## DATA PROVIDED
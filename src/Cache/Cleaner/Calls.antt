-- ===== src/Cache/Cleaner/Calls.antt =====
-- What the cleaner removes: the directory that it is called for and paths below it, and for a cache
-- directory only paths below it.
use fresh_core_native.Prelude.{
  ℕ, zero, suc, Bytes, join, Bool, true, false, Option, none, some, List, [], ◌∷◌,
}
use fresh_core_native.CacheData.{CacheDirInfo}
use fresh_core_native.Os.{Env, Stat}
use fresh_core_native.Sys.Monad.{Runs}
use fresh_core_native.Sys.Fuel.{Prog, Prog-bind, Prog-if, Prog-lift, Prog-return}
use fresh_core_native.Sys.Frame.{Frame, Frame-IsPreorder, frames}
use fresh_core_native.Logging.Calls.{log-Frame}
use fresh_core_native.Filesystem.Calls.{
  lstat-Frame, get_directory_children-Frame, safe_remove-Frame,
}
use fresh_core_native.Power.Idle.Calls.{evaluate_idle_state-Frame}
use fresh_core_native.Diagnostics.Calls.{start_batch-Frame, end_batch-Frame}
use fresh_core_native.StateStorage.Calls.{
  get_current_time_ms-Frame, get_package_state-Frame, update_package_state-Frame,
  save_state_atomic-Frame,
}
use fresh_core_native.Cache.Cleaner.{
  Batch, remove_child, roll_if, remove_round, go_on_with, remove_children, finish, remove_listed,
  remove_recursive_batched, clean_children, record_cleanup, clean_listed, clean_directory_safely,
}

module _ ⦃env : Env⦄ {P : Bytes → Type 0}
    (below : (path name : Bytes) → P path → P (join path name)) where
  roll_if-Frame : (batch : Option Batch) → Runs (Frame P) (roll_if batch)
  unfolding roll_if
  roll_if-Frame none = search frames
  roll_if-Frame (some batch) = search (frames, start_batch-Frame, end_batch-Frame) depth 30

  go_on_with-Frame :
      (rest : Batch → Prog (Option Batch)) (after : Option Batch)
      → ((batch : Batch) → Runs (Frame P) (rest batch))
      → Runs (Frame P) (go_on_with rest after)
  unfolding go_on_with
  go_on_with-Frame rest none h = search frames
  go_on_with-Frame rest (some batch) h = h batch

  finish-Frame : (path : Bytes) (batch : Option Batch) → P path → Runs (Frame P) (finish path batch)
  unfolding finish
  finish-Frame path none p = search frames
  finish-Frame path (some batch) p = search (frames, end_batch-Frame, safe_remove-Frame) depth 20

  module _ (inner : Bytes → Prog Bool)
      (keeps : (path : Bytes) → P path → Runs (Frame P) (inner path)) where
    remove_child-Frame :
        (path : Bytes) (st : Option Stat) (batch : Batch)
        → P path
        → Runs (Frame P) (remove_child inner path st batch)
    unfolding remove_child
    remove_child-Frame path none batch p = search frames
    remove_child-Frame path (some st) batch p = search (frames, keeps, safe_remove-Frame) depth 20

    remove_round-Frame :
        (path : Bytes) (batch : Batch) → P path → Runs (Frame P) (remove_round inner path batch)
    unfolding remove_round
    remove_round-Frame path batch p =
        search
          (
            frames, evaluate_idle_state-Frame, log-Frame, lstat-Frame, remove_child-Frame,
            roll_if-Frame,
          )
          depth 30

    remove_children-Frame :
        (path : Bytes) (children : List Bytes) (batch : Batch)
        → P path
        → Runs (Frame P) (remove_children inner path children batch)
    unfolding remove_children
    remove_children-Frame path [] batch p = search frames
    remove_children-Frame path (child ∷ children) batch p =
        Prog-bind _ _ (remove_round-Frame (join path child) batch (below path child p))
          λ after. go_on_with-Frame _ after (λ next. remove_children-Frame path children next p)

    remove_listed-Frame :
        (path : Bytes) (children : Option (List Bytes))
        → P path
        → Runs (Frame P) (remove_listed inner path children)
    unfolding remove_listed
    remove_listed-Frame path none p = search frames
    remove_listed-Frame path (some children) p =
        search (frames, start_batch-Frame, remove_children-Frame path children _ p, finish-Frame)
          depth 20

  pub remove_recursive_batched-Frame :
      (fuel : ℕ) (path : Bytes) → P path → Runs (Frame P) (remove_recursive_batched fuel path)
  unfolding remove_recursive_batched
  remove_recursive_batched-Frame zero path p = search frames
  remove_recursive_batched-Frame (suc fuel) path p =
      Prog-bind _ _ (search (frames, get_directory_children-Frame))
        λ children. remove_listed-Frame _ (remove_recursive_batched-Frame fuel) path children p

  clean_children-Frame :
      (fuel : ℕ) (target : CacheDirInfo) (children : List Bytes)
      → ((name : Bytes) → P (join target.path name))
      → Runs (Frame P) (clean_children fuel target children)
  unfolding clean_children
  clean_children-Frame fuel target [] p = search frames
  clean_children-Frame fuel target (child ∷ children) p =
      Prog-bind _ _ (remove_recursive_batched-Frame fuel (join target.path child) (p child))
        λ removed.
          Prog-if _ _ _ (Prog-bind _ _ (Prog-lift _ (log-Frame _ _ _)) (λ _. Prog-return false))
            (clean_children-Frame fuel target children p)

  record_cleanup-Frame : (target : CacheDirInfo) → Runs (Frame P) (record_cleanup target)
  unfolding record_cleanup
  record_cleanup-Frame target =
      search
        (
          frames, log-Frame, get_package_state-Frame, get_current_time_ms-Frame,
          update_package_state-Frame, save_state_atomic-Frame,
        )
        depth 40

  clean_listed-Frame :
      (fuel : ℕ) (target : CacheDirInfo) (children : Option (List Bytes))
      → ((name : Bytes) → P (join target.path name))
      → Runs (Frame P) (clean_listed fuel target children)
  unfolding clean_listed
  clean_listed-Frame fuel target none p = search frames
  clean_listed-Frame fuel target (some children) p =
      Prog-bind _ _ (clean_children-Frame fuel target children p) λ done.
        Prog-if _ _ _ (Prog-bind _ _ (record_cleanup-Frame target) (λ _. Prog-return true))
          (Prog-return false)

  -- For any kind of paths that holds of a path's children where it holds of the path, and that holds
  -- of all children of the target: cleaning the target calls rmdir and unlink on paths of that kind
  -- only, and leaves the configuration and the state of the engine as they were.
  pub clean_directory_safely-Frame :
      (fuel : ℕ) (target : CacheDirInfo)
      → ((name : Bytes) → P (join target.path name))
      → Runs (Frame P) (clean_directory_safely fuel target)
  unfolding clean_directory_safely
  clean_directory_safely-Frame fuel target p =
      search
        (
          frames,
          log-Frame,
          get_directory_children-Frame,
          λ (children : Option (List Bytes)). clean_listed-Frame fuel target children p,
        )
        depth 20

## ACTION ITEM
Only the lines above from the one with "(below : (path" through the one with "module _ (inner : Bytes → Prog Bool)" should be duplicated, character for character.

## RESPONSE TO THIS EXERCISE
    (below : (path name : Bytes) → P path → P (join path name)) where
  roll_if-Frame : (batch : Option Batch) → Runs (Frame P) (roll_if batch)
  unfolding roll_if
  roll_if-Frame none = search frames
  roll_if-Frame (some batch) = search (frames, start_batch-Frame, end_batch-Frame) depth 30

  go_on_with-Frame :
      (rest : Batch → Prog (Option Batch)) (after : Option Batch)
      → ((batch : Batch) → Runs (Frame P) (rest batch))
      → Runs (Frame P) (go_on_with rest after)
  unfolding go_on_with
  go_on_with-Frame rest none h = search frames
  go_on_with-Frame rest (some batch) h = h batch

  finish-Frame : (path : Bytes) (batch : Option Batch) → P path → Runs (Frame P) (finish path batch)
  unfolding finish
  finish-Frame path none p = search frames
  finish-Frame path (some batch) p = search (frames, end_batch-Frame, safe_remove-Frame) depth 20

  module _ (inner : Bytes → Prog Bool)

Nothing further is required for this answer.